The European Central Bank (ECB) has chosen to maintain its primary interest rate at 3.75 percent, fuelling speculations of a potential rate cut in September, despite uncertainty tied to geopolitical issues and swift wage increases that might continue to inflate prices. This decision by the ECB’s governing council to steady its benchmark deposit rate meets market predictions.
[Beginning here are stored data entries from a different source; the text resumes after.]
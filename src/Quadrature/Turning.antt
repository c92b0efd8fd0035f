-- ===== src/Quadrature/Turning.antt =====
-- src/input.c, `encoder_scan`: the ticks that are counted while an encoder is turned.
use midi_fighter_twister_ope.Base.{
  ℕ, zero, suc, ◌+◌, ◌<◌, ◌≤◌, ◌≡◌, ◌⊎◌, inl, inr, refl, sym, subst, ◌∙◌, min, arith, Bool, true,
  false, List, [], ◌∷◌, if◌then◌else◌, u8,
}
use midi_fighter_twister_ope.Quadrature.{EncoderInput, encoder_scan, encoder_action, encoder_event}

-- The four positions of the two pins, in the order of a clockwise turn.
pub data Phase : Type 0 where
  neither first both second : Phase

abbrev pub cha_at : Phase → Bool
cha_at neither = false
cha_at first = true
cha_at both = true
cha_at second = false

abbrev pub chb_at : Phase → Bool
chb_at neither = false
chb_at first = false
chb_at both = true
chb_at second = true

abbrev pub next_phase : Bool → Phase → Phase
next_phase true neither = first
next_phase true first = both
next_phase true both = second
next_phase true second = neither
next_phase false neither = second
next_phase false first = neither
next_phase false both = first
next_phase false second = both

-- A tick: the scans for which the encoder rests before it, and whether it goes clockwise.
pub record Tick : Type 0 where
  pub wait : ℕ
  pub is_clockwise : Bool

abbrev pub move_of : Bool → ℕ
move_of cw = if cw then 1 else 0xff

abbrev pub rest : ℕ → Phase → EncoderInput → EncoderInput
rest zero p e = e
rest (suc n) p e = rest n p (encoder_scan e (cha_at p) (chb_at p))

-- The scans of a turn that begins in a phase.
abbrev pub turn : List Tick → Phase → EncoderInput → EncoderInput
turn [] p e = e
turn (m ∷ ms) p e =
    let q = next_phase m.is_clockwise p in
    turn ms q (encoder_scan (rest m.wait p e) (cha_at q) (chb_at q))

-- Each tick comes five scans after the one before, or goes on in its direction.
abbrev pub IsSteady : ℕ → List Tick → Type 0
IsSteady last [] = Unit
IsSteady last (m ∷ ms) =
    ((5 ≤ m.wait) ⊎ (last ≡ move_of m.is_clockwise)) × IsSteady (move_of m.is_clockwise) ms

-- The sum of the ticks, as a byte.
abbrev pub total : List Tick → ℕ
total [] = 0
total (m ∷ ms) = move_of m.is_clockwise + total ms

pub record IsIn (p : Phase) (e : EncoderInput) : Type 0 where
  pub at_cha : e.cha_prev ≡ cha_at p
  pub at_chb : e.chb_prev ≡ chb_at p
  pub calm : e.encoder_inactive_counter ≤ 100

record IsRested (n : ℕ) (e t : EncoderInput) : Type 0 where
  same_count : t.encoder_state ≡ e.encoder_state
  same_last : t.encoder_last_movement ≡ e.encoder_last_movement
  waited : min 100 (e.encoder_inactive_counter + n) ≤ t.encoder_inactive_counter

action_at : (p : Phase) (e : EncoderInput) → IsIn p e → encoder_action e (cha_at p) (chb_at p) ≡ 0
unfolding encoder_action
action_at neither e h = rw (h.at_cha, h.at_chb) refl
action_at first e h = rw (h.at_cha, h.at_chb) refl
action_at both e h = rw (h.at_cha, h.at_chb) refl
action_at second e h = rw (h.at_cha, h.at_chb) refl

action_next :
    (cw : Bool) (p : Phase) (e : EncoderInput)
    → IsIn p e
    → encoder_action e (cha_at (next_phase cw p)) (chb_at (next_phase cw p)) ≡ move_of cw
unfolding encoder_action
action_next true neither e h = rw (h.at_cha, h.at_chb) refl
action_next true first e h = rw (h.at_cha, h.at_chb) refl
action_next true both e h = rw (h.at_cha, h.at_chb) refl
action_next true second e h = rw (h.at_cha, h.at_chb) refl
action_next false neither e h = rw (h.at_cha, h.at_chb) refl
action_next false first e h = rw (h.at_cha, h.at_chb) refl
action_next false both e h = rw (h.at_cha, h.at_chb) refl
action_next false second e h = rw (h.at_cha, h.at_chb) refl

-- An event that is counted.
record IsCounted (e : EncoderInput) (move : ℕ) (t : EncoderInput) : Type 0 where
  counted : t.encoder_state ≡ u8 (e.encoder_state + move)
  now_last : t.encoder_last_movement ≡ move
  restarted : t.encoder_inactive_counter ≡ 0

encoder_event-IsCounted :
    (e : EncoderInput) (move : ℕ)
    → e.encoder_inactive_counter ≤ 100
    → (5 ≤ e.encoder_inactive_counter) ⊎ (e.encoder_last_movement ≡ move)
    → IsCounted e move (encoder_event e move)
unfolding encoder_event
encoder_event-IsCounted e move calm steady = record {
  counted = ground arith;
  now_last = ground arith;
  restarted = ground arith;
}

module _ (p : Phase) (e : EncoderInput) (h : IsIn p e) where
  scan-IsIn : IsIn p (encoder_scan e (cha_at p) (chb_at p))
  unfolding encoder_scan
  scan-IsIn =
      let a = action_at p e h in
      record { at_cha = refl; at_chb = refl; calm = rw a (ground (arith, h.calm)) }

  scan-IsRested : IsRested 1 e (encoder_scan e (cha_at p) (chb_at p))
  unfolding encoder_scan
  scan-IsRested =
      let a = action_at p e h in
      record {
        same_count = rw a refl;
        same_last = rw a refl;
        waited = rw a (ground (arith, h.calm));
      }

  -- A scan that finds the pins one position further.
  scan-IsCounted :
      (cw : Bool)
      → (5 ≤ e.encoder_inactive_counter) ⊎ (e.encoder_last_movement ≡ move_of cw)
      → IsCounted e
          (move_of cw)
          (encoder_scan e (cha_at (next_phase cw p)) (chb_at (next_phase cw p)))
  unfolding encoder_scan
  scan-IsCounted true steady =
      let a = action_next true p e h in
      let c = encoder_event-IsCounted e 1 h.calm steady in
      record { counted = rw a c.counted; now_last = rw a c.now_last; restarted = rw a c.restarted }
  scan-IsCounted false steady =
      let a = action_next false p e h in
      let c = encoder_event-IsCounted e 0xff h.calm steady in
      record { counted = rw a c.counted; now_last = rw a c.now_last; restarted = rw a c.restarted }

  scan-next_phase :
      (cw : Bool) (t : EncoderInput)
      → IsCounted e (move_of cw) t
      → t.cha_prev ≡ cha_at (next_phase cw p)
      → t.chb_prev ≡ chb_at (next_phase cw p)
      → IsIn (next_phase cw p) t
  scan-next_phase cw t c a b = record {
    at_cha = a;
    at_chb = b;
    calm = rw c.restarted (omega arith);
  }

pins :
    (e : EncoderInput) (cha chb : Bool)
    → ((encoder_scan e cha chb).cha_prev ≡ cha) × ((encoder_scan e cha chb).chb_prev ≡ chb)
unfolding encoder_scan
pins e cha chb = (refl, refl)

rest_lem :
    (n : ℕ) (p : Phase) (e : EncoderInput)
    → IsIn p e
    → IsIn p (rest n p e) × IsRested n e (rest n p e)
rest_lem zero p e h =
    (h, record { same_count = refl; same_last = refl; waited = omega (arith, h.calm) })
rest_lem (suc n) p e h =
    let r = scan-IsRested p e h in
    let (inside, q) = rest_lem n p (encoder_scan e (cha_at p) (chb_at p)) (scan-IsIn p e h) in
    (
      inside,
      record {
        same_count = q.same_count ∙ r.same_count;
        same_last = q.same_last ∙ r.same_last;
        waited = omega (arith, q.waited, r.waited);
      },
    )

-- A turn in ticks that are five scans apart or go on in the same direction is counted in full: the
-- number of steps grows by the ticks clockwise, less those against it, as a signed byte. The encoder may
-- begin in any phase.
pub turn_lem :
    (ms : List Tick) (p : Phase) (e : EncoderInput)
    → IsIn p e
    → e.encoder_state < 256
    → IsSteady e.encoder_last_movement ms
    → (turn ms p e).encoder_state ≡ u8 (e.encoder_state + total ms)
turn_lem [] p e h b steady = omega arith
turn_lem (m ∷ ms) p e h b steady =
    let q = next_phase m.is_clockwise p in
    let rested = rest m.wait p e in
    let t = encoder_scan rested (cha_at q) (chb_at q) in
    let (inside, r) = rest_lem m.wait p e h in
    let enough : (5 ≤ rested.encoder_inactive_counter)
        ⊎ (rested.encoder_last_movement ≡ move_of m.is_clockwise) =
      elim steady.0 [
        | inl slow ↦ inl (omega (arith, slow, r.waited))
        | inr same ↦ inr (r.same_last ∙ same)
      ] in
    let c = scan-IsCounted p rested inside m.is_clockwise enough in
    let now =
      scan-next_phase p rested inside m.is_clockwise t c (pins rested (cha_at q) (chb_at q)).0
        (pins rested (cha_at q) (chb_at q)).1 in
    let sound : t.encoder_state < 256 = rw c.counted (omega arith) in
    let later =
      turn_lem ms q t now sound (subst (λ last. IsSteady last ms) (sym c.now_last) steady.1) in
    later ∙ omega (arith, c.counted, r.same_count)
Investors, however, will closely tune into ECB President Christine Lagarde’s press briefing on Thursday to gain insights on potential future rate reductions, following the initial quarter percentage point decrease in June. Most financial analysts anticipate the ECB to potentially lower rates at its ensuing meeting set for September 12, given the supporting data indicating a foreseeable decrease in inflation towards its projected goal of 2 percent by the end of the following year.
The growth in consumer price in the Eurozone has eased from its peak of 10.6 percent in October 2022 to 2.5 percent in June. Rate setters are apprehensive about political upheaval, specifically following the recent ambiguous election results in France which escalated scepticism over whether a profligate new government in the region’s second largest economy would trigger inflation.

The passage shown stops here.